Même si vous n’êtes pas sinologue - ce que je ne suis pas non plus - vous pourrez goûter cet article sur l’évolution du langage en Chine publié par Libération.

Nous pourrions nous intéresser davantage, me semble-t-il, à l'évolution du français parlé et de ses relations avec la langue écrite. La norme du français écrit, c'est une version dégradée du français que l'on parlait à la cour au XVIIIème siècle (dégradée, parce que si ce français-là nous sert de modèle nous sommes loin d'atteindre à sa sobre élégance). La norme du français oral varie selon le milieu social du locuteur et les circonstances.

Faites un exercice : enregistrez au magnétophone une conversation familiale ou professionnelle. Transcrivez exactement par écrit ce qui s'est dit. Décortiquez le vocabulaire, la syntaxe de chacun ; recommencez souvent l'exercice, construisez des classifications ... vous approcherez la connaissance du français oral, moins construit et plus grossier que ne l'est le français écrit. Pour voir le français oral de l'extérieur, voir le manuel de Geneviève.

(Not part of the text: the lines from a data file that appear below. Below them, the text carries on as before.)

-- ===== src/RuntimeForm/Outcomes.antt =====
-- What `runtimeChanges` sends for each key.
use purels.Base.{
  Bool, Bool-cases, List, Option, [], ap, false, if◌then◌else◌, inl, inr, none, refl, some, sym,
  true, ◌||◌, ◌∙◌, ◌∷◌, ◌≡◌,
}
use purels.Csv.Reader.{step}
use purels.Js.Number.{Numbers}
use purels.Js.Text.{Text, includes, same}
use purels.Js.Text.Equality.{same_iff}
use purels.RuntimeForm.{
  Changes, Draft, Raw, RuntimeGroup, Setting, Settings, add_change, change_field, change_fields,
  changes, find_field, invalid, is_invalid, is_same, is_skipped, new_value, runtime_changes,
  runtime_groups,
}

module _ (n : Numbers) where
  -- The change that is due for one key: what the draft holds, read as the saved value's kind, if it
  -- differs from the saved value.
  abbrev pub due : Option (Setting n) → Option Raw → Option (Setting n)
  due old none = none
  due old (some raw) =
      if is_same n (new_value n old raw) old then none else some (new_value n old raw)

  abbrev pub due_change : Settings n → Draft → Text → Option (Setting n)
  due_change saved draft key =
      if is_skipped draft key then none else due (find_field saved key) (find_field draft key)

  abbrev first : Option (Setting n) → Option (Setting n) → Option (Setting n)
  first none o = o
  first (some v) o = some v

  abbrev only_if : Bool → Option (Setting n) → Option (Setting n)
  only_if b o = if b then o else none

  abbrev Follows : Changes n → Text → Option (Setting n) → Settings n → Type 0
  Follows rest j o cs =
      (cs' : Settings n) × (rest ≡ changes cs') × (find_field cs j ≡ first o (find_field cs' j))

  only_if-none : (b : Bool) (o : Option (Setting n)) → first (only_if b none) o ≡ o
  only_if-none true o = refl
  only_if-none false o = refl

  add_change_lem :
      (key : Text) (value : Setting n) (rest : Changes n) (cs : Settings n) (j : Text)
      → add_change n key value rest ≡ changes cs
      → Follows rest j (only_if (same key j) (some value)) cs
  unfolding find_field
  add_change_lem key value (invalid k) cs j h = cc
  add_change_lem key value (changes cs') cs j h =
      let e : (key, value) ∷ cs' ≡ cs = cc in
      (cs', refl, rw (sym e) (elim (Bool-cases (same key j)) [ inl t ↦ rw t | inr f ↦ rw f ]))

  change_field_lem :
      (key : Text) (old : Option (Setting n)) (raw : Option Raw) (rest : Changes n)
      (cs : Settings n) (j : Text)
      → change_field n key old raw rest ≡ changes cs
      → Follows rest j (only_if (same key j) (due old raw)) cs
  unfolding change_field
  change_field_lem key old none rest cs j h =
      (cs, h, sym (only_if-none (same key j) (find_field cs j)))
  change_field_lem key old (some raw) rest cs j h = elim (Bool-cases (is_invalid n old raw)) [
    | inl bad ↦ cc (bad)
    | inr fine ↦ elim (Bool-cases (is_same n (new_value n old raw) old)) [
      | inl e ↦ rw e (cs, rw (fine, e) at h, sym (only_if-none (same key j) (find_field cs j)))
      | inr e ↦ rw e (add_change_lem key (new_value n old raw) rest cs j (rw (fine, e) at h))
    ]
  ]

  first_again : (b : Bool) (o : Option (Setting n)) → first o (only_if b o) ≡ o
  first_again true none = refl
  first_again false none = refl
  first_again b (some v) = refl

  due_of_skipped :
      (saved : Settings n) (draft : Draft) (key : Text)
      → is_skipped draft key ≡ true
      → due_change saved draft key ≡ none
  due_of_skipped saved draft key h = rw h

  due_of_kept :
      (saved : Settings n) (draft : Draft) (key : Text)
      → is_skipped draft key ≡ false
      → due_change saved draft key ≡ due (find_field saved key) (find_field draft key)
  due_of_kept saved draft key h = rw h

  skip_step :
      (saved : Settings n) (draft : Draft) (k : Text) (ks : List Text) (cs : Settings n) (j : Text)
      → is_skipped draft k ≡ true
      → find_field cs j ≡ only_if (includes ks j) (due_change saved draft j)
      → find_field cs j ≡ only_if (same k j || includes ks j) (due_change saved draft j)
  skip_step saved draft k ks cs j s ih = elim (Bool-cases (same k j)) [
    | inr other ↦ rw other ih
    | inl e ↦
        let none_due =
          due_of_skipped saved draft j (ap (is_skipped draft) (sym ((same_iff k j).0 e)) ∙ s) in
        rw e (ih ∙ only_none (includes ks j) none_due ∙ sym none_due)
  ]
    where
      only_none :
          (b : Bool) → due_change saved draft j ≡ none → only_if b (due_change saved draft j) ≡ none
      only_none true h = h
      only_none false h = refl

  keep_step :
      (saved : Settings n) (draft : Draft) (k : Text) (ks : List Text) (cs cs' : Settings n)
      (j : Text)
      → is_skipped draft k ≡ false
      → find_field cs j
        ≡ first
            (only_if (same k j) (due (find_field saved k) (find_field draft k)))
            (find_field cs' j)
      → find_field cs' j ≡ only_if (includes ks j) (due_change saved draft j)
      → find_field cs j ≡ only_if (same k j || includes ks j) (due_change saved draft j)
  keep_step saved draft k ks cs cs' j s step ih = elim (Bool-cases (same k j)) [
    | inr other ↦ rw other ((rw other at step) ∙ ih)
    | inl e ↦
        let this = due_of_kept saved draft k s in
        let moved = ap (due_change saved draft) ((same_iff k j).0 e) in
        rw e (
          (rw e at step)
          ∙ ap (λ o. first o (find_field cs' j)) (sym this ∙ moved)
          ∙ ap (first (due_change saved draft j)) ih
          ∙ first_again (includes ks j) (due_change saved draft j))
  ]

  find_field-change_fields :
      (saved : Settings n) (draft : Draft) (keys : List Text) (cs : Settings n) (j : Text)
      → change_fields n saved draft keys ≡ changes cs
      → find_field cs j ≡ only_if (includes keys j) (due_change saved draft j)
  unfolding change_fields includes
  find_field-change_fields saved draft [] cs j h =
      let e : [] ≡ cs = cc in ap (λ fs. find_field fs j) (sym e) ∙ unfold find_field in refl
  find_field-change_fields saved draft (k ∷ ks) cs j h = elim (Bool-cases (is_skipped draft k)) [
    | inl s ↦
        skip_step saved draft k ks cs j s (find_field-change_fields saved draft ks cs j (rw s at h))
    | inr s ↦
        let (cs', rest, step) =
          change_field_lem k (find_field saved k) (find_field draft k)
            (change_fields n saved draft ks) cs j (rw s at h) in
        keep_step saved draft k ks cs cs' j s step
          (find_field-change_fields saved draft ks cs' j rest)
  ]

  -- When saving is not refused, the change that is sent for a key is the one that is due for it
  -- by the draft and the saved value if the key belongs to the group, and none otherwise.
  pub find_field-runtime_changes :
      (saved : Settings n) (draft : Draft) (group : RuntimeGroup) (cs : Settings n) (key : Text)
      → runtime_changes n saved draft group ≡ changes cs
      → find_field cs key
        ≡ (if includes (runtime_groups group) key then due_change saved draft key else none)
  unfolding runtime_changes
  find_field-runtime_changes saved draft group cs key h =
      find_field-change_fields saved draft (runtime_groups group) cs key h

L'évolution du chinois parlé nous en apprend plus, sur l'évolution des mentalités, qu'un traité de science politique...

*  *

C'est un dialogue de sourds qui s'est instauré entre les générations. Les Chinois de 7 et 77 ans ne parlent plus la même langue. Bien sûr, c'est toujours du chinois, mais truffé d'expressions radicalement différentes. Au travers de ce panorama du langage courant, transparaissent les bouleversements profonds de la société.

Poule sauvage

Ainsi il est désormais exceptionnel d'appeler quelqu'un Tongzhi (camarade). Les vieilles appellations des années 30 sont réapparues et l'on précise poliment après le nom de famille Xian Sheng (personne née avant moi, donc plus savante et, par extension, Monsieur), Nû Shi (femme respectable, Madame). Un cuisinier ou un chauffeur de taxi se fera appeler Shifu (maître). Toute une série d'expressions campagnardes sont également apparues sous l'influence des Yu Min (la population flottante), ces paysans sans terre qui viennent tenter leur chance dans les grandes cités. Ils s'adressent à une femme plus âgée qu'eux en l'appelant Da Jie (grande soeur) et aux hommes dans la même situation (précaire), ils donnent plutôt du Ge Men (mon frère, mon pote). L'expression Xiao Jie (petite soeur, Mademoiselle), qui était jusque là utilisée pour parler aux serveuses ou vendeuses, est en train d'évoluer, prenant un sens péjoratif, car elle sous-entend désormais qu'il s'agit d'une fille qui se vend.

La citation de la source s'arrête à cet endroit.